Yeah, this post is inspired by the previews for New Moon, but when I got to thinking about it, it really goes much deeper, and much further back than the latest boy jailbait flick based on Stephanie Meyer’s books. The question is this: Should the transformation from human to wolf be painful?
Going back to Universal’s first werewolf movie, Werewolf of London (1935), the transformation was not a painful process. In fact, Dr. Glendon didn’t even seem to notice it. He walked behind one pillar as a man and emerged a little hairier, and continued that way until he was a man-wolf. Six years later, in Universal’s much more successful film The Wolf-Man, Larry Talbot did have to remain still for the transformation, but it didn’t cause him any pain.
It really wasn’t until An American Werewolf in London and The Howling (both from 1981) that we see the transformation as something painful. Is it just because special effects finally allowed filmmakers to show the stretching flesh and bone contortions? Maybe. But I think there’s something more to it.
I think we began coming to terms with the werewolf as a metaphor. Going all the way back to Little Red Riding Hood, the werewolf stood in for a lecherous man who would lead innocent young girls astray. In the 1980s I think we moved away from the idea of the werewolf as a creature made by Satan and looked at him as something within ourselves, as with Robert Louis Stephenson’s The Strange Case of Dr. Jekyll and Mr. Hyde. The werewolf became an externalization of our repressed primal instincts and desires, namely rage and lust. This was especially true in The Howling, where the werewolves loved being lycanthropes. They relished having sex and killing as animals.
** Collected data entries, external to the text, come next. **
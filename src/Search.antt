-- ===== src/Search.antt =====
-- `dedupe_hits` of crates/core/src/service.rs: the rows of a full-text search, best first, as one hit for
-- each entry.
pub mod Hits
mod Tests
use nomai.Base.{
  ℕ, ◌+◌, ◌%◌, ◌^◌, ◌≡◌, Bool, Option, none, some, List, [], ◌∷◌, ◌++◌, any, take, length,
  if◌then◌else◌, ltb,
}
use nomai.Core.{Deps, same_id}
use nomai.Text.{Text}

-- The ids as text, and `rank.abs() as f32`, on a type of ranks and one of scores.
pub record Ranks (d : Deps) : Type 1 where
  pub parse_ulid : Text → Option d.Ulid
  pub Rank : Type 0
  pub Score : Type 0
  pub to_score : Rank → Score

pub record FtsRow (d : Deps) (r : Ranks d) : Type 0 where
  pub entry_id : Text
  pub block_id : Text
  pub block_type : Text
  pub text : Text
  pub rank : r.Rank

pub record DedupedHit (d : Deps) (r : Ranks d) : Type 0 where
  pub entry_id : d.Ulid
  pub score : r.Score
  pub match_count : ℕ
  pub matched_block_ids : List d.Ulid
  pub best_block_id : d.Ulid
  pub best_block_type : Text
  pub best_text : Text

abbrev pub ids_cap : ℕ
ids_cap = 64

module _ (d : Deps) (r : Ranks d) where
  -- The counter is a `u32`.
  unfoldable pub count_match : d.Ulid → DedupedHit d r → DedupedHit d r
  count_match bid hit = record hit {
    match_count = (hit.match_count + 1) % 2 ^ 32;
    matched_block_ids =
        if ltb (length hit.matched_block_ids) ids_cap
        then hit.matched_block_ids ++ bid ∷ []
        else hit.matched_block_ids;
  }

  abbrev pub new_hit : d.Ulid → d.Ulid → FtsRow d r → DedupedHit d r
  new_hit id bid row = record {
    entry_id = id;
    score = r.to_score row.rank;
    match_count = 0;
    matched_block_ids = [];
    best_block_id = bid;
    best_block_type = row.block_type;
    best_text = row.text;
  }

  -- The hit of the entry, a new one at the end if there is none, counts the row. `order` and `map` are one
  -- list here.
  unfoldable pub add_row :
      d.Ulid → d.Ulid → FtsRow d r → List (DedupedHit d r) → List (DedupedHit d r)
  add_row id bid row [] = count_match bid (new_hit id bid row) ∷ []
  add_row id bid row (hit ∷ hits) =
      let rest = hit ∷ add_row id bid row hits in
      if same_id d hit.entry_id id then count_match bid hit ∷ hits else rest

  -- Rows whose ids are no ULIDs are skipped.
  abbrev pub add_parsed :
      Option d.Ulid → Option d.Ulid → FtsRow d r → List (DedupedHit d r) → List (DedupedHit d r)
  add_parsed none bid row hits = hits
  add_parsed (some id) none row hits = hits
  add_parsed (some id) (some bid) row hits = add_row id bid row hits

  unfoldable pub add_rows : List (FtsRow d r) → List (DedupedHit d r) → List (DedupedHit d r)
  add_rows [] hits = hits
  add_rows (row ∷ rows) hits =
      add_rows rows (add_parsed (r.parse_ulid row.entry_id) (r.parse_ulid row.block_id) row hits)

  unfoldable pub dedupe_hits : List (FtsRow d r) → ℕ → List (DedupedHit d r)
  dedupe_hits rows limit = take limit (add_rows rows [])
After the two films from 1981, most werewolf movies eshewed plot and focused on the transformation and killing for a long time. The best exception (prior to Ginger Snaps) being Neil Jordan’s 1984 The Company of Wolves, which is all about the werewolf as metaphor for our own dark side. Ginger Snaps (2000) did get back to plot and the werewolf as metaphor, but the metaphor in this case was the transformation caused by puberty, and Ginger’s transformation happened slowly and didn’t seem to cause her much (if any) physical pain … if you don’t count where the tried to cut off her tail.
So, should the transformation cause pain? If you’ve read my books, you know my answer is definitely Yes. The werewolf is opening an internal doorway, shedding the trappings of centuries of civilization to become something that is absolutely UNcivilized. He is becoming something wild and deadly. Sloughing off thousands of years of humanity should hurt, just as it should hurt to put them back on. Not to mention the logical implications of physically changing from a human shape to a wolf as we’ve been seeing from 1981 on.
Which, of course, brings us back to New Moon and Meyer doing to werewolves what the did to vampires in Twilight. Do the characters feel pain when they transform? Nope. In fact, thanks to CGI, they’re changing shape in mid-air in fractions of a second. There’s no payment for what they become, no dark side. Well, nothing darker than the brooding of a James Dean-esque bad guy (and forgive me, but I always saw Dean as just a crybaby). As with the “vegetarian” vampires, Meyer wants to turn monsters into misunderstood outcasts who don’t really want to hurt anyone, and that just isn’t what the werewolf (or vampire) is all about.
The technology to show the werewolf transformation as the painful release of our internal animal is ours. The question now is whether or not we’ve become so politically correct that we can no longer acknowledge that we have this monster living inside of us.